Presencia del Pasado
¿Por qué deben conservarse los restos de una vieja civilización?
Por Alfonso Caso
Exceptuando las fuerzas naturales y los productos inmediatos de ellas, todo lo que ven nuestros ojos, todo lo que utilizan nuestras manos y la mayor parte de nuestros propios pensamientos, son el resultado actual de una serie de invenciones humanas acumuladas. Lo mismo nuestros alimentos que nuestras casas; nuestros vestidos y nuestros útiles de trabajo; el diario que leemos por las mañanas o la sinfonía que escuchamos por las noches, todo tiene una historia que explica su existencia.
Cuando vemos un edificio o tomamos un tren o enviamos un telegrama o hacemos cualquiera otro acto trivial de nuestra vida cotidiana, muy pocas veces somos conscientes de que en el origen de cada una de estas cosas, hubo el pensamiento de un hombre y que nosotros no somos más que los herederos de una fortuna acumulada, que gastamos a manos llenas todos los días y que, a la inversa de las otras riquezas, se conserva precisamente cuando la usamos y la gastamos. Este capital tiene un nombre: se llama Cultura.
Si quitáramos a un hombre su cultura, si lo despojáramos de todo lo que hay en él de histórico, lo transformaríamos en la más desamparada de las criaturas; lo dejaríamos convertido en el animal más desprovisto de defensa y tan escaso de medios para poder luchar, que seguramente no podría sobrevivir a esta amputación, que por otra parte, sólo es posible pensar, pero no realizar, pues el mismo cuerpo humano ya es el resultado de una serie de transformaciones, adaptaciones e invenciones, que están incorporadas en la anatomía y en la fisiología del hombre.
En el caso de que exclusivamente usando nuestras propias manos, llegáramos a apoderarnos de los alimentos que necesitamos –pues las armas y los útiles son el resultado de múltiples invenciones– ¿podríamos digerir los alimentos crudos, soportar el sol del verano y la nieve del invierno y vivir, no de las plantas cultivadas y de los animales domésticos –pues éstos son también invenciones humanas– sino de las raíces y frutos silvestres y de los animales salvajes de los que se pudiera apoderar nuestro instinto, ya que la inteligencia desarrollada es también el resultado de la cultura?
Todo lo que existe tiene una causa que lo produce y una historia que lo explica; para entender cualquier cosa hay que conocerla por sus causas o por sus antecedentes; decir cuáles son las fuerzas naturales que actúan en su producción o indicar cuáles son los seres o las ideas de los que proviene y que lo han engendrado.

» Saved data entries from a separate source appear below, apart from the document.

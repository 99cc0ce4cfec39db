-- ===== src/Hub/Auth/Cache.antt =====
-- src/hub/auth.rs: the bounded cache of verified principals.
mod Cleanup
pub mod Invariant
pub mod Reads
use sentinalysis.Base.{
  Bool, List, Option, Text, [], false, if◌then◌else◌, leb, length, ltb, none, some, text_eq, ℕ,
  ◌++◌, ◌-◌, ◌∷◌,
}
use sentinalysis.Base.Dict.{Dict, insert, lookup, mem_text, remove}
use sentinalysis.Hub.Auth.Permission.{Principal}

-- Instants and durations are counts of nanoseconds; one insert reads the clock once.
pub record CacheEntry : Type 0 where
  pub principal : Principal
  pub inserted_at : ℕ

pub record VerifiedCache : Type 0 where
  pub entries : Dict CacheEntry
  pub order : List Text

abbrev pub cache_max_entries : ℕ
cache_max_entries = 1000

abbrev pub cache_ttl : ℕ
cache_ttl = 60_000_000_000

-- `inserted_at.elapsed() <= CACHE_TTL`; `elapsed` saturates at zero, as `-` does.
abbrev pub is_fresh : ℕ → CacheEntry → Bool
is_fresh now e = leb (now - e.inserted_at) cache_ttl

abbrev pub fresh_principal : ℕ → Option CacheEntry → Option Principal
fresh_principal now none = none
fresh_principal now (some e) = if is_fresh now e then some e.principal else none

abbrev pub new : VerifiedCache
new = record { entries = []; order = [] }

unfoldable pub get : ℕ → VerifiedCache → Text → Option Principal
get now c key_id = fresh_principal now (lookup key_id c.entries)

-- The closure of `retain`.
abbrev pub keep : ℕ → Option CacheEntry → Bool
keep now none = false
keep now (some e) = is_fresh now e

-- `order.retain(…)`, which also removes from the map what it does not keep.
unfoldable pub purge : ℕ → Dict CacheEntry → List Text → VerifiedCache
purge now entries [] = record { entries = entries; order = [] }
purge now entries (k ∷ ks) =
    let kept = keep now (lookup k entries) in
    let rest = purge now (if kept then entries else remove k entries) ks in
    if kept then record rest { order = k ∷ rest.order } else rest

-- The loop that enforces the capacity.
unfoldable pub evict : Dict CacheEntry → List Text → VerifiedCache
evict entries [] = record { entries = entries; order = [] }
evict entries (k ∷ ks) =
    let rest = evict (remove k entries) ks in
    if ltb cache_max_entries (length (k ∷ ks))
    then rest
    else record { entries = entries; order = k ∷ ks }

unfoldable pub insert_verified : ℕ → VerifiedCache → Text → Principal → VerifiedCache
insert_verified now c key_id p =
    let order = if mem_text key_id c.order then c.order else c.order ++ key_id ∷ [] in
    let entries = insert key_id (record { principal = p; inserted_at = now }) c.entries in
    let purged = purge now entries order in evict purged.entries purged.order

-- `order.retain(|k| k != key_id)`
unfoldable pub without : Text → List Text → List Text
without key_id [] = []
without key_id (k ∷ ks) =
    let rest = without key_id ks in if text_eq k key_id then rest else k ∷ rest

unfoldable pub invalidate : VerifiedCache → Text → VerifiedCache
unfolding without
invalidate c key_id = record { entries = remove key_id c.entries; order = without key_id c.order }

El primer modo de explicación, por las causas, se llama ciencia y se considera que éstas son anteriores al fenómeno, pero casi contemporáneas a él. El segundo modo de explicación, por sus antecedentes, se llama historia y ésta es la sucesión de los seres que han precedido y engendrado lo que actualmente existe.
Todo lo que existe se puede explicar científica e históricamente; pero es el interés humano el que determina si un objeto debe ser estudiado de un modo o del otro. La ciencia es universal, en cuanto que todos los fenómenos del Universo están sometidos a causas, pero también la Historia es universal, porque todos los fenómenos del Universo han tenido antecedentes. Pero mientras que la ciencia se interesa por lo que hay de general en lo individual (con el objeto de formular leyes), la historia busca lo que hay de singular en lo individual, con el objeto de hacer lo que podríamos llamar biografías, ya sea de un sistema solar, de un astro, de un planeta, de una especie vegetal o animal; pero sobre todo del hombre y de su cultura.
Los fenómenos en que no interviene el hombre, nos interesan principalmente por sus semejanzas que los relacionan con otros fenómenos de la misma especie; en los hechos culturales en cambio, nos interesa principalmente la individualidad de estos hechos, su personalidad, que los distingue profundamente de sus semejantes, que los hace únicos; por lo que podemos decir que, si es cierto que la historia se repite, es cierto también que jamás se repite sin variación, y que “nuestras manos no podrán volver a tocar la misma agua del río”.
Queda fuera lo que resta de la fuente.